李逸風呆呆地望着她,風的寒冷似乎也忘記了,滿心滿腦,都只有那個身影。
他第一次遇見她,雖是驚鴻一瞥,卻已經在他心裡留下了烙印。再一次遇見她,他只覺得自己全身的血液似乎都倒流了,而心臟也在咚咚跳動着,似乎快要從喉嚨躍出來了!
李逸風癡迷地望着女人在陽光下模糊美好的側臉,心裡卻漸漸滿足了。
原來……原來這就叫愛情嗎?!
有的愛情轟轟烈烈,如熾火般要將人焚燒殆盡;有的愛情細水長流,如綿綿細雨直直沁入心裡……也許愛情就在一瞬間,當你在人羣遠遠遙望她的臉,就已經再也無法忘卻。
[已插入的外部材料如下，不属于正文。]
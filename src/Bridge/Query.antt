-- ===== src/Bridge/Query.antt =====
-- The queries of the credit bridge (contract.rs and the dispatch in lib.rs). The answer is the value
-- that the source writes as JSON; an error is a `StdError`.
use sysbreak_trust.Base.{
  ℕ, Bool, false, Option, some, none, [], Text, Result, ok, err, panic, ◌>>=◌, or_err, or_panic,
  unwrap_or, find, number_key, text_key, saturating_sub, seconds, plus_seconds,
}
use sysbreak_trust.Host.{Addr, Deps, Env, StdError, not_found, generic_err}
use sysbreak_trust.Bridge.State.{
  Config, Storage, ContractError, PendingOracleTransfer, PendingOwnerTransfer, day,
}
use sysbreak_trust.Bridge.Helpers.{
  sum_rolling_window, credits_to_tokens, tokens_to_credits, calculate_fee,
}

pub record TreasuryInfoResponse : Type 0 where
  pub balance : ℕ
  pub min_reserve : ℕ
  pub peak_balance : ℕ
  pub available_for_withdrawal : ℕ

pub record PlayerInfoResponse : Type 0 where
  pub withdrawals_24h : ℕ
  pub daily_limit : ℕ
  pub remaining_limit : ℕ
  pub cooldown_until : Option ℕ

pub record ConversionResponse : Type 0 where
  pub credit_amount : ℕ
  pub token_amount : ℕ
  pub fee_amount : ℕ

-- `.map_err(|e| StdError::generic_err(e.to_string()))`
abbrev pub to_std : {A : Type 0} → Result ContractError A → Result StdError A
to_std (ok a) = ok a
to_std (err e) = err generic_err
to_std panic = panic

abbrev load : {A : Type 0} → Option A → Result StdError A
load = or_err not_found

abbrev validate : Deps → Text → Result StdError Addr
validate d t = or_err generic_err (d.addr_validate t)

unfoldable pub query_treasury_info : Deps → Env → Storage → Result StdError TreasuryInfoResponse
query_treasury_info d env s = do
  config ← load s.config
  balance ← or_err generic_err (d.query_balance env.contract config.denom)
  peak ← load s.peak_balance
  ok (record {
    balance = balance;
    min_reserve = config.min_reserve;
    peak_balance = peak;
    available_for_withdrawal = saturating_sub balance config.min_reserve;
  })

-- The time to which a player's cooldown lasts, in seconds.
abbrev cooldown_end : ℕ → Option ℕ → Result StdError (Option ℕ)
cooldown_end cooldown none = ok none
cooldown_end cooldown (some last) = do
  t ← or_panic (plus_seconds last cooldown)
  ok (some (seconds t))

unfoldable pub query_player_info : Deps → Env → Text → Storage → Result StdError PlayerInfoResponse
unfolding sum_rolling_window
query_player_info d env player s = do
  addr ← validate d player
  config ← load s.config
  (active, used) ←
      to_std (sum_rolling_window (unwrap_or [] (find addr s.player_withdrawals)) env.time day)
  until ← cooldown_end config.cooldown_seconds (find addr s.player_last_withdrawal)
  ok (record {
    withdrawals_24h = used;
    daily_limit = config.player_daily_limit;
    remaining_limit = saturating_sub config.player_daily_limit used;
    cooldown_until = until;
  })

unfoldable pub query_nonce_used : Text → Storage → Bool
query_nonce_used nonce s = unwrap_or false (find nonce s.used_nonces)

unfoldable pub query_convert_credits_to_tokens : ℕ → Storage → Result StdError ConversionResponse
unfolding credits_to_tokens calculate_fee
query_convert_credits_to_tokens credit_amount s = do
  config ← load s.config
  gross ← to_std (credits_to_tokens credit_amount config)
  fee ← to_std (calculate_fee gross config.fee_bps)
  ok (record {
    credit_amount = credit_amount;
    token_amount = saturating_sub gross fee;
    fee_amount = fee;
  })

unfoldable pub query_convert_tokens_to_credits : ℕ → Storage → Result StdError ConversionResponse
unfolding tokens_to_credits
query_convert_tokens_to_credits token_amount s = do
  config ← load s.config
  credits ← to_std (tokens_to_credits token_amount config)
  ok (record { credit_amount = credits; token_amount = token_amount; fee_amount = 0 })

unfoldable pub query_config : Storage → Result StdError Config
query_config s = load s.config

unfoldable pub query_pending_oracle : Storage → Option PendingOracleTransfer
query_pending_oracle s = s.pending_oracle

unfoldable pub query_pending_owner : Storage → Option PendingOwnerTransfer
query_pending_owner s = s.pending_owner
李逸風深呼吸了一口氣,朝着顧秣走去。也許是因爲周圍太過安靜,只聽得到冷風呼嘯而過的聲音,所以李逸風也特意放輕了步子,不聲不響地走近了顧秣。
顧秣是獨自帶着蘇墨來到這裡的,爲了想要帶着兒子追尋自己曾經的回憶,她脫離了嚴密的保護,但是與此同時,她的警惕性也變得格外高,經歷了六年的強制高壓訓練,她的身手和敏感不遜於任何一名特工!
即使是她沉浸在過去的回憶中,她也沒有放鬆絲毫警惕,所以當一個陌生的氣息遙遙出現在自己領域範圍內的時候,顧秣眉頭一皺,頓時回過神來,眼神凌厲如刀地向那個方向看去!
李逸風被顧秣的眼神驚了一跳,下意識地停住了腳步。
那是一個如何的眼神啊!兇狠、毒辣、嗜血……讓他不禁想起了自家那位經歷了戰場,雙手沾染過很多人鮮血與生命的老爺子,他的老爺子是將軍,從屍體堆裡摸爬滾打活過來的,那股血腥味和戰意幾乎浸入了骨子裡,讓他隨時都保持着警惕,目光如炬!
但是這樣的眼神,如何會出現在柔弱的女人身上?
李逸風心裡一怔,不由得想起了那次秦維辛似笑非笑的表情,和他輕聲的低喃:“那是一個……如豹子般的女人!”